Nurses Drinking Energy Drinks Report Worse Sleep and Stress
To begin with, we should briefly discuss this research paper. The paper is called, “Nurses Consuming Energy Drinks Report Poorer Sleep and Higher Stress” [see Reference 1, below]. In this study, they asked nurses about their stress levels, their sleep habits, and their caffeine intakes.
Most of these nurses worked 10-hour shifts back to back to back. So you know these nurses were legitimately tired! Furthermore, in this study, there WAS a statistically significant difference between the coffee drinkers and the energy drink users. In fact, those who drank energy drinks had worse sleep. They had worse stress too, but it wasn’t a statistically significant difference compared to the coffee drinkers.
But let’s talk about what this means to you.

How to Check Whether Energy Drinks Are Affecting Your Sleep and Stress
If you’re concerned about how energy drinks are affecting your sleep and stress, here’s what you can do.
First of all, think back over the past month. On average, how well did you sleep on a scale of 1-10. One being “Absolutely Awful”. Ten being “Absolutely Wonderful”. Think about how easily and how fast you fell asleep. How many times did you get up during the night? Think about how you felt when you woke up. In other words, if you got 8 hours of sleep, did you feel like you got 8 hours of sleep.

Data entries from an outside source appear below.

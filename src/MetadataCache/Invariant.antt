-- ===== src/MetadataCache/Invariant.antt =====
-- internal/service/metadata_cache.go: what every call keeps true of the cache.
use chat2sql.Prelude.{
  subst, sym, ℕ, refl, List, [], ◌∷◌, Bytes, arith, insert-Distinct, keep-Distinct, number_key,
  text_key, if_holds, Unicode,
}
use chat2sql.MetadataCache.Patterns.{Iteration, get_query_pattern, pattern_hit, pattern_miss}
use chat2sql.MetadataCache.Schemas.{get_connection_schemas, schema_hit, store_schemas}
use chat2sql.MetadataCache.State.{
  MetadataCache, MetadataCacheConfig, SchemaRepository, new_metadata_cache, stop, start, Result,
  table_key, pattern_key,
}
use chat2sql.MetadataCache.Tables.{
  get_table_summary, table_hit, store_table, prefetch_related_tables,
}
use chat2sql.MetadataCache.Upkeep.{invalidate_connection, perform_cleanup}
use chat2sql.MetadataCache.Runs.{
  Call, Moment, step, run, IsCounted, Inv, schemas, table, related, pattern, invalidates, cleans,
  stops, starts, prewarms,
}
use chat2sql.MetadataCache.Prewarm.{prewarm_cache-cache}
use chat2sql.MetadataCache.Outcomes.{schemas_cases, table_cases, pattern_cases}

module _ (mc : MetadataCache) (v : Inv mc) where
  schemas-Inv :
      (repo : SchemaRepository) (now id : ℕ) → Inv (get_connection_schemas repo now id mc).0
  unfolding schema_hit store_schemas
  schemas-Inv repo now id =
      schemas_cases Inv repo now id mc
        (λ cached. record {
          counted = omega arith;
          distinct_schemas = insert-Distinct id _ mc.connection_schemas v.distinct_schemas;
          distinct_tables = v.distinct_tables;
          distinct_patterns = v.distinct_patterns;
        })
        (record {
          counted = omega arith;
          distinct_schemas = v.distinct_schemas;
          distinct_tables = v.distinct_tables;
          distinct_patterns = v.distinct_patterns;
        })
        (λ xs. record {
          counted = omega arith;
          distinct_schemas = insert-Distinct id _ mc.connection_schemas v.distinct_schemas;
          distinct_tables = v.distinct_tables;
          distinct_patterns = v.distinct_patterns;
        })

  table-Inv :
      (repo : SchemaRepository) (now id : ℕ) (schema name : Bytes)
      → Inv (get_table_summary repo now id schema name mc).0
  unfolding table_hit store_table
  table-Inv repo now id schema name =
      table_cases Inv repo now id schema name mc
        (λ cached. record {
          counted = omega arith;
          distinct_schemas = v.distinct_schemas;
          distinct_tables =
              insert-Distinct (table_key id schema name) _ mc.table_summaries v.distinct_tables;
          distinct_patterns = v.distinct_patterns;
        })
        (record {
          counted = omega arith;
          distinct_schemas = v.distinct_schemas;
          distinct_tables = v.distinct_tables;
          distinct_patterns = v.distinct_patterns;
        })
        (λ entry. record {
          counted = omega arith;
          distinct_schemas = v.distinct_schemas;
          distinct_tables = insert-Distinct _ entry mc.table_summaries v.distinct_tables;
          distinct_patterns = v.distinct_patterns;
        })

  related-Inv :
      (repo : SchemaRepository) (id : ℕ) (schema name : Bytes)
      → Inv (prefetch_related_tables repo id schema name mc).0
  unfolding prefetch_related_tables
  related-Inv repo id schema name = record {
    counted = v.counted;
    distinct_schemas = v.distinct_schemas;
    distinct_tables = v.distinct_tables;
    distinct_patterns = v.distinct_patterns;
  }

  pattern-Inv :
      (u : Unicode) (iterate : Iteration) (now id : ℕ) (text : Bytes)
      → Inv (get_query_pattern u iterate now id text mc).0
  unfolding pattern_hit pattern_miss
  pattern-Inv u iterate now id text =
      pattern_cases Inv u iterate now id text mc
        (λ cached. record {
          counted = v.counted;
          distinct_schemas = v.distinct_schemas;
          distinct_tables = v.distinct_tables;
          distinct_patterns =
              insert-Distinct (pattern_key id text) _ mc.query_patterns v.distinct_patterns;
        })
        (record {
          counted = v.counted;
          distinct_schemas = v.distinct_schemas;
          distinct_tables = v.distinct_tables;
          distinct_patterns =
              insert-Distinct (pattern_key id text) _ mc.query_patterns v.distinct_patterns;
        })

  invalidate-Inv : (id : ℕ) → Inv (invalidate_connection id mc)
  unfolding invalidate_connection
  invalidate-Inv id = record {
    counted = v.counted;
    distinct_schemas = keep-Distinct _ mc.connection_schemas v.distinct_schemas;
    distinct_tables = keep-Distinct _ mc.table_summaries v.distinct_tables;
    distinct_patterns = keep-Distinct _ mc.query_patterns v.distinct_patterns;
  }

  cleanup-Inv : (now : ℕ) → Inv (perform_cleanup now mc)
  unfolding perform_cleanup
  cleanup-Inv now = record {
    counted = counts-same;
    distinct_schemas = keep-Distinct _ mc.connection_schemas v.distinct_schemas;
    distinct_tables = keep-Distinct _ mc.table_summaries v.distinct_tables;
    distinct_patterns = keep-Distinct _ mc.query_patterns v.distinct_patterns;
  }
    where
      counts-same : IsCounted (perform_cleanup now mc).stats
      counts-same = let c = v.counted in ground arith

  stop-Inv : Inv (stop mc)
  unfolding stop
  stop-Inv =
      if_holds Inv mc.is_running
        (record {
          counted = v.counted;
          distinct_schemas = tt;
          distinct_tables = tt;
          distinct_patterns = tt;
        })
        v

  start-Inv : Inv (start mc).0
  unfolding start
  start-Inv =
      if_holds (λ (x : MetadataCache × Result (Unit {0})). Inv x.0) mc.is_running v
        (record {
          counted = v.counted;
          distinct_schemas = v.distinct_schemas;
          distinct_tables = v.distinct_tables;
          distinct_patterns = v.distinct_patterns;
        })

module _ (u : Unicode) (iterate : Iteration) where
  -- Each call leaves the counters adding up and one entry for a key.
  pub step-Inv : (mc : MetadataCache) (m : Moment) (c : Call) → Inv mc → Inv (step u iterate mc m c)
  unfolding step
  step-Inv mc m (schemas id) v = schemas-Inv mc v m.repo m.now id
  step-Inv mc m (invalidates id) v = invalidate-Inv mc v id
  step-Inv mc m (table id schema name) v = table-Inv mc v m.repo m.now id schema name
  step-Inv mc m (related id schema name) v = related-Inv mc v m.repo id schema name
  step-Inv mc m (pattern id text) v = pattern-Inv mc v u iterate m.now id text
  step-Inv mc m cleans v = cleanup-Inv mc v m.now
  step-Inv mc m (prewarms id) v =
      subst Inv (sym (prewarm_cache-cache m.repo m.now id mc)) (schemas-Inv mc v m.repo m.now id)
  step-Inv mc m starts v = start-Inv mc v
  step-Inv mc m stops v = stop-Inv mc v

  run-keeps :
      (mc : MetadataCache) (calls : List (Moment × Call)) → Inv mc → Inv (run u iterate mc calls)
  unfolding run
  run-keeps mc [] v = v
  run-keeps mc ((m, c) ∷ calls) v = run-keeps (step u iterate mc m c) calls (step-Inv mc m c v)

new-Inv : (c : MetadataCacheConfig) → Inv (new_metadata_cache c)
unfolding new_metadata_cache
new-Inv c = record {
  counted = refl;
  distinct_schemas = tt;
  distinct_tables = tt;
  distinct_patterns = tt;
}

-- After any sequence of calls on a new cache, whatever the repository answered at each of them, the
-- number of queries for schemas and tables is the number of their hits and misses, and no cache holds
-- two entries for one key.
pub run-Inv :
    (u : Unicode) (iterate : Iteration) (c : MetadataCacheConfig) (calls : List (Moment × Call))
    → Inv (run u iterate (new_metadata_cache c) calls)
run-Inv u iterate c calls = run-keeps u iterate (new_metadata_cache c) calls (new-Inv c)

Second, think about your average stress level over the past month. There were probably some wonderful days and some awful days, but think about the average. How stressed were you on a scale of 1 to 10? Think about the stress from your workload, conflict with a team member or manager, not feeling prepared, or not having clear directions.
Finally, think about how many cups of coffee or cans of energy drinks you had on an average day.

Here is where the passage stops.